**EXERCISE GOAL:** Copy each line of the following data that contains "prompt".

**RECORDS FOR THE EXERCISE:**
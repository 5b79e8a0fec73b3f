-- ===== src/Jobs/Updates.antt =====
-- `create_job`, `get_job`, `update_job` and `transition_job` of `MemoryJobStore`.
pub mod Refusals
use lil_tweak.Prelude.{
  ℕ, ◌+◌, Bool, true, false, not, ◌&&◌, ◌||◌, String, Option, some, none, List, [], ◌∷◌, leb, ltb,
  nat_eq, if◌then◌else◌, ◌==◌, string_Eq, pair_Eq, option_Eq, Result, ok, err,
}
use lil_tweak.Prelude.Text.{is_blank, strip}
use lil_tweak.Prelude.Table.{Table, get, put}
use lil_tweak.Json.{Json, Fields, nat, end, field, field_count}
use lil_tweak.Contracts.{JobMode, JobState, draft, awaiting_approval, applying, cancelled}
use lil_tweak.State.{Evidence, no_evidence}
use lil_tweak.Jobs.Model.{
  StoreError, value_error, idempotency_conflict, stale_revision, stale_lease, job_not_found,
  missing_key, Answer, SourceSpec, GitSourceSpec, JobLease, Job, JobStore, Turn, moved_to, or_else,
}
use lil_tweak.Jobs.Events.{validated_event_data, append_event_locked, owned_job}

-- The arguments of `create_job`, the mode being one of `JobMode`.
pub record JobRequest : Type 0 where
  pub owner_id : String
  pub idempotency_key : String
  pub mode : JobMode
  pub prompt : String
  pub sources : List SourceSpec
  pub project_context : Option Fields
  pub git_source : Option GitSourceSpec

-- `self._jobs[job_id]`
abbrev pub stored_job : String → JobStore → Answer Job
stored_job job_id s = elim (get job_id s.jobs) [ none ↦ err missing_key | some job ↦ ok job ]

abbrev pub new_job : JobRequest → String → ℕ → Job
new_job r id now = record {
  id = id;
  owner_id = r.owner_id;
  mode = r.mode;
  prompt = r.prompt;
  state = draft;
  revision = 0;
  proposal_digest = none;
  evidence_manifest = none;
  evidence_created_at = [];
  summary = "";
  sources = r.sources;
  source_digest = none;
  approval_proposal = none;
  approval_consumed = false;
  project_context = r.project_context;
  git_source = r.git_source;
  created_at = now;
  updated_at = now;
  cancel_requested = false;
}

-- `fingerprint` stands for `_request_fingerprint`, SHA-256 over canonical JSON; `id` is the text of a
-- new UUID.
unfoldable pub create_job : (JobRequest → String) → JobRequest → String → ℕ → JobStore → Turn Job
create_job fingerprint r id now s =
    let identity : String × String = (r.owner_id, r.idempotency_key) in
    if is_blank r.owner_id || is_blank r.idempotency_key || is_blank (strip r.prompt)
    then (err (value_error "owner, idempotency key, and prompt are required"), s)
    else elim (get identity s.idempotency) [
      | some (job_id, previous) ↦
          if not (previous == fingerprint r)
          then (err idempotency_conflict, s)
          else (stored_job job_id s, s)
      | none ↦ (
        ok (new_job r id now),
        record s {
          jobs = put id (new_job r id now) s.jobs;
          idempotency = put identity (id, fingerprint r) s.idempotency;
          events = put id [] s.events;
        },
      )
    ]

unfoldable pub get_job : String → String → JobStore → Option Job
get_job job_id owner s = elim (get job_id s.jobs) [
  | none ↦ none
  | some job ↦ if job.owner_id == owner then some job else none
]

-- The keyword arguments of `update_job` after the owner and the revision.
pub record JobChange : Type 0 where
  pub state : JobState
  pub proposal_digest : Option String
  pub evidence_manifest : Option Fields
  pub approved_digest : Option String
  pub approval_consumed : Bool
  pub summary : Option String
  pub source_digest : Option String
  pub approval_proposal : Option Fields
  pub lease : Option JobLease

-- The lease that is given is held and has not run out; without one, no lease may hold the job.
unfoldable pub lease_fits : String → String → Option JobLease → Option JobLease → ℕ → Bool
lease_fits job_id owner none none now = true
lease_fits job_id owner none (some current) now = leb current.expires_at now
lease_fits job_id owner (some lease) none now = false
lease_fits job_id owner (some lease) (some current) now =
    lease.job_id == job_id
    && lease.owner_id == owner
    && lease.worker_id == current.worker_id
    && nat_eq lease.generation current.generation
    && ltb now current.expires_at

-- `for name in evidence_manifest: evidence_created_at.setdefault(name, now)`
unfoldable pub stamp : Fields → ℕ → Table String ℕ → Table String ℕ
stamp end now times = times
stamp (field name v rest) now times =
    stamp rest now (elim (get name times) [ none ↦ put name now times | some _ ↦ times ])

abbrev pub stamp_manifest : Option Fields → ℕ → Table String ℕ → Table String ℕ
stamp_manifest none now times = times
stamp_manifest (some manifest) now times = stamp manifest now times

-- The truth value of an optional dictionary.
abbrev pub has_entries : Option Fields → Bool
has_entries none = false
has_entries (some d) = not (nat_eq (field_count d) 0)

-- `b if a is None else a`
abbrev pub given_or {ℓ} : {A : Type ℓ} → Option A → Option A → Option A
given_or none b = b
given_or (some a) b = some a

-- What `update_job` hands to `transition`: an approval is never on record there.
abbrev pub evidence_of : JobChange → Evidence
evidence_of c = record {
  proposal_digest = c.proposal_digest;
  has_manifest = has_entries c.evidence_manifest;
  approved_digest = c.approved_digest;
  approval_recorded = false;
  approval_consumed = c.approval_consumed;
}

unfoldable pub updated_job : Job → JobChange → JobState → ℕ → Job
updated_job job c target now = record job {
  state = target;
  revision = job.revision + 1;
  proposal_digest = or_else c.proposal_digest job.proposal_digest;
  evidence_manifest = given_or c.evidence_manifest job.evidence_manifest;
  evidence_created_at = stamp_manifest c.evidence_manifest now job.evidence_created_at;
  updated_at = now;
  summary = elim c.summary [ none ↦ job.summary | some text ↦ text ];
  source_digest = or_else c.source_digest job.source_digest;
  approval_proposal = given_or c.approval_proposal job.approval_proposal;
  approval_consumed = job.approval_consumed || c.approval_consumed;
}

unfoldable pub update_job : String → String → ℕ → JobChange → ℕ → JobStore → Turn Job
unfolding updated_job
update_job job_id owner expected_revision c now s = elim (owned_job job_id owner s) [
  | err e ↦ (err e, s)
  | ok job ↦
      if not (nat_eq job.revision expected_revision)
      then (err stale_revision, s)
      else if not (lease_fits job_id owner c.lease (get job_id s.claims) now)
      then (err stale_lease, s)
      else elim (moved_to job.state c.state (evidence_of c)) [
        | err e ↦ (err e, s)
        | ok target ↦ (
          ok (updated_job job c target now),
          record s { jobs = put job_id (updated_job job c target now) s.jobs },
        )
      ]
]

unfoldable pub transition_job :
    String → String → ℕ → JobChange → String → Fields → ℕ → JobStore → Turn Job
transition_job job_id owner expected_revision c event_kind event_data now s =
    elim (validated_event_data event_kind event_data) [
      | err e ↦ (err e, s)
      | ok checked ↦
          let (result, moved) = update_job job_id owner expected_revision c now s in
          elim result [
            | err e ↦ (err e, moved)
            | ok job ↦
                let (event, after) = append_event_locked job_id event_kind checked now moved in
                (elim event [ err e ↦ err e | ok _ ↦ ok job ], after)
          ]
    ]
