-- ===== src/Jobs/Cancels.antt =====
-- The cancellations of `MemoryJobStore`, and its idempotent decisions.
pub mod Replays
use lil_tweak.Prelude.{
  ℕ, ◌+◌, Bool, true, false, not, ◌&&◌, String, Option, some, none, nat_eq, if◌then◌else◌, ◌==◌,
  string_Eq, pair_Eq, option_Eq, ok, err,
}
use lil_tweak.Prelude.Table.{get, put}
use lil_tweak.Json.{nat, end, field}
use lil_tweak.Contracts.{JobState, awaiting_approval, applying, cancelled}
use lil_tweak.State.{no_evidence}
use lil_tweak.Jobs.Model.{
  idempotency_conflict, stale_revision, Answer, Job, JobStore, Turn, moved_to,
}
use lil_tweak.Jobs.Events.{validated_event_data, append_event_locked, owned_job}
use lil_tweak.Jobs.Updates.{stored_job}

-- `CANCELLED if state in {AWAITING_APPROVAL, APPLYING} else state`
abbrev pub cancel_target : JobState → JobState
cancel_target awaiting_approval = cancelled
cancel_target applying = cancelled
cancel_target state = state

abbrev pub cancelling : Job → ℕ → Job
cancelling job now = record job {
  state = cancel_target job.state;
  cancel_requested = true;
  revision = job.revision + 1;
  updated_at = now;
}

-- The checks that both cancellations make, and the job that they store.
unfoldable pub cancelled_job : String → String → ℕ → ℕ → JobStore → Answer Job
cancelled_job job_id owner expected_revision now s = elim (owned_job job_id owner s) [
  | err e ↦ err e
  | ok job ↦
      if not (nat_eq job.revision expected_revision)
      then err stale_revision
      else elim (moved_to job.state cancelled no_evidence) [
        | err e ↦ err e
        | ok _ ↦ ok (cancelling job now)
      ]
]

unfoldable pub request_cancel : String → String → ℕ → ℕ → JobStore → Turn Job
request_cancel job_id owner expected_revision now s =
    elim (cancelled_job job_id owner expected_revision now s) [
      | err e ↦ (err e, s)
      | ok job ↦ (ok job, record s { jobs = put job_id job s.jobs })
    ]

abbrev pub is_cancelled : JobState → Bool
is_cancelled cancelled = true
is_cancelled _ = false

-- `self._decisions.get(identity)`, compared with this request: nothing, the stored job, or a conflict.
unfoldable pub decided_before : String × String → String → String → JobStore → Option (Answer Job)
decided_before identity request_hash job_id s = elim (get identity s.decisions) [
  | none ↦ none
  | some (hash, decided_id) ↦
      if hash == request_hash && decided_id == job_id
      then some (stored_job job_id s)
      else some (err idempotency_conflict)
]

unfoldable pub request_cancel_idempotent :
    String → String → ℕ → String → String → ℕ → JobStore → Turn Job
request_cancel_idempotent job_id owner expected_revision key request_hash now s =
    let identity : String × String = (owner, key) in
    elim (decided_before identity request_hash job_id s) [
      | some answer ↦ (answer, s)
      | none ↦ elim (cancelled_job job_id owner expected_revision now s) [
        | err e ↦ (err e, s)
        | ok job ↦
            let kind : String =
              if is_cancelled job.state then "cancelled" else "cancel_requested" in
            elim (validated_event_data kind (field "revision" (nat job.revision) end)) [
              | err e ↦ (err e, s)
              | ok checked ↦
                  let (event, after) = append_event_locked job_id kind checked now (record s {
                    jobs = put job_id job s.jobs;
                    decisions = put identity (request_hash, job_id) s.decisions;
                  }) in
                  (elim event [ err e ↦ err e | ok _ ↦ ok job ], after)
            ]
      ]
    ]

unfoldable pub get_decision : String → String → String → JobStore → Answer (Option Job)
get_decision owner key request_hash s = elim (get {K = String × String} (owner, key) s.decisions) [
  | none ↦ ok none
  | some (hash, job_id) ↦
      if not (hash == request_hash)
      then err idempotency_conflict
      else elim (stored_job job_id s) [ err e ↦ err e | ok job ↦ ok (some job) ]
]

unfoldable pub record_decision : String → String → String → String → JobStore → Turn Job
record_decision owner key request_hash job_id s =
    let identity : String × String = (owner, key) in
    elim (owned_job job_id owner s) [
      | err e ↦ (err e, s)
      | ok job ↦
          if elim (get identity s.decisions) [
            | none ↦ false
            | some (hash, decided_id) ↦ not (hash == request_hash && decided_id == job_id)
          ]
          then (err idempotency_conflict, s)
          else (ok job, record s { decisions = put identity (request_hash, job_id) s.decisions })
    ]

**SOLUTION BELOW:**
  pub prompt : String
  prompt = r.prompt;
    if is_blank r.owner_id || is_blank r.idempotency_key || is_blank (strip r.prompt)
    then (err (value_error "owner, idempotency key, and prompt are required"), s)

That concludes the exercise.